Nonparametric clustering for spatio-temporal datasets

Clustering algorithms attempt the identification of distinct subgroups within heterogeneous data and are commonly utilised as an exploratory tool. The definition of a cluster is dependent on the relevant dataset and associated constraints; clustering methods seek to determine homogeneous subgroups that each correspond to a distinct set of characteristics.

These nonparametric clustering methods were developed to detect spatially contiguous clusters in a grid-style graph network. The user-generated datasets were assumed to be recorded over static sources. The determined spatially contiguous clusters also retain underlying differences in temporal patterns.

Method 1: A nonparametric Bayesian approach to clustering spatio-temporal datasets

Method 2: A functional distributional approach for spatial clustering

For complete description of these methods, please see theses.gla.ac.uk/40957/.

Method 1:

NetCRP: Network Chinese Restaurant Process

This flexible Bayesian model employs a network dependent Chinese restaurant process (NetCRP) to place a prior over the geographical constraints posed by a graph-based network. The NetCRP is a special case of the distance dependent Chinese restaurant process (ddCRP) that was first introduced by Blei and Frazier (2011); the NetCRP is modified to account for data that poses spatial constraints. The NetCRP seeks to cluster data such that adjacent or neighbouring regions in a spatial structure are more likely to belong to the same cluster. The NetCRP introduces a large number of singletons within the spatial structure and modifies the NetCRP to enable the researcher to restrict the number of clusters in the graph. It is also reasonable to assume that individual vertices within a cluster are spatially correlated to adjacent vertices. In order to fully account for spatial correlation within a cluster structure, the model utilises a type of the conditional auto-regressive (CAR) model.

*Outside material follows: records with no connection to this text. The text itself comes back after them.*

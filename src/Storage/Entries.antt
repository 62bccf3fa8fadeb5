-- ===== src/Storage/Entries.antt =====
-- `Add` and `Remove` keep the number of entries and the sizes of their fields.
use nachos_3_4_lab.Prelude.{
  ℕ, zero, suc, ◌^◌, ◌<◌, ◌≡◌, refl, ap, List, [], ◌∷◌, ◌==◌, length, length-append, length-drop,
  length-replicate, replicate, drop, arith, Bool-cases, Option-cases, inl, inr,
}
use nachos_3_4_lab.Directory
use nachos_3_4_lab.Directory.{
  Name, Entry, Directory, first_byte, rest, padded, strncpy, bzero, add_from, free_at, free_entry,
  find_index,
}
use nachos_3_4_lab.Storage.Codec.{AreEntries}

length-padded : (n : ℕ) (s : Name) → length (padded n s) ≡ n
unfolding padded
length-padded zero s = refl
length-padded (suc n) s = elim (Bool-cases (first_byte s == 0)) [
  | inl e ↦ rw e (length-replicate (suc n) 0)
  | inr e ↦ rw e (ap suc (length-padded n (rest s)))
]

length-strncpy : (dst s : Name) → length dst ≡ 12 → length (strncpy dst s 11) ≡ 12
unfolding strncpy
length-strncpy dst s size =
    omega (
      arith,
      size,
      length-append (padded 11 s) (drop 11 dst),
      length-padded 11 s,
      length-drop 11 dst,
    )

length-bzero : (dst : Name) → length dst ≡ 12 → length (bzero dst 11) ≡ 12
unfolding bzero
length-bzero dst size =
    let zeros : length (replicate {A = ℕ} 11 0) ≡ 11 = refl in
    omega
      (arith, size, length-append (replicate {A = ℕ} 11 0) (drop 11 dst), zeros, length-drop 11 dst)

-- A table of the same size, with fields of their sizes.
abbrev Sound : List Entry → List Entry → Type 0
Sound es es' = AreEntries es' × (length es' ≡ length es)

add_from-Sound :
    (name : Name) (s : ℕ) (es : List Entry)
    → s < 2 ^ 32
    → AreEntries es
    → Sound es (add_from name s es).1
unfolding add_from AreEntries
add_from-Sound name s [] lt h = (tt, refl)
add_from-Sound name s (e ∷ es) lt (here, size, h) =
    let (sound, same) = add_from-Sound name s es lt h in
    elim (Bool-cases e.in_use) [
      | inl used ↦ rw used ((here, size, sound), ap suc same)
      | inr free ↦ rw free ((lt, length-strncpy e.name name size, h), refl)
    ]

pub add-Sound :
    (name : Name) (s : ℕ) (d : Directory)
    → s < 2 ^ 32
    → AreEntries d.table
    → AreEntries (Directory.add name s d).1.table
      × (length (Directory.add name s d).1.table ≡ length d.table)
unfolding Directory.add
add-Sound name s d lt h = elim (Option-cases (find_index name d)) [
  | inl e ↦ rw (Directory.add, e) (add_from-Sound name s d.table lt h)
  | inr (i, e) ↦ rw (Directory.add, e) (h, refl)
]

free_at-Sound : (es : List Entry) (i : ℕ) → AreEntries es → Sound es (free_at es i)
unfolding AreEntries
free_at-Sound [] i h = (tt, refl)
free_at-Sound (e ∷ es) zero (here, size, h) = ((here, length-bzero e.name size, h), refl)
free_at-Sound (e ∷ es) (suc i) (here, size, h) =
    let (sound, same) = free_at-Sound es i h in ((here, size, sound), ap suc same)

pub remove-Sound :
    (name : Name) (d : Directory)
    → AreEntries d.table
    → AreEntries (Directory.remove name d).1.table
      × (length (Directory.remove name d).1.table ≡ length d.table)
unfolding Directory.remove
remove-Sound name d h = elim (Option-cases (find_index name d)) [
  | inl e ↦ rw (Directory.remove, e) (h, refl)
  | inr (i, e) ↦ rw (Directory.remove, e) (free_at-Sound d.table i h)
]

The model also accounts for temporal dependencies using a first order auto-regressive (AR-1) model.

In this mean-based flexible Bayesian model, the data is assumed to follow a Gaussian distribution and utilise Kronecker product identities within the definition of the spatio-temporal precision matrix to improve the computational efficiency. The model utilises a Metropolis within Gibbs sampler to fully explore all possible partition structures within the network and infer the relevant parameters of the spatio-temporal precision matrix. The flexible Bayesian method is also applicable to map-based spatial structures and we describe the model in this context as well.

Method 2:

A functional distributional approach using agglomerative hierarchical clustering

This algorithm is implemented within an agglomerative hierarchical clustering framework as a two-stage process. The method is based on a measure of distance that utilises estimated cumulative distribution functions over the data and this unique distance is both functional and distributional. This notion of distance utilises the differences in densities to identify distinct clusters in the graph, rather than raw recorded observations.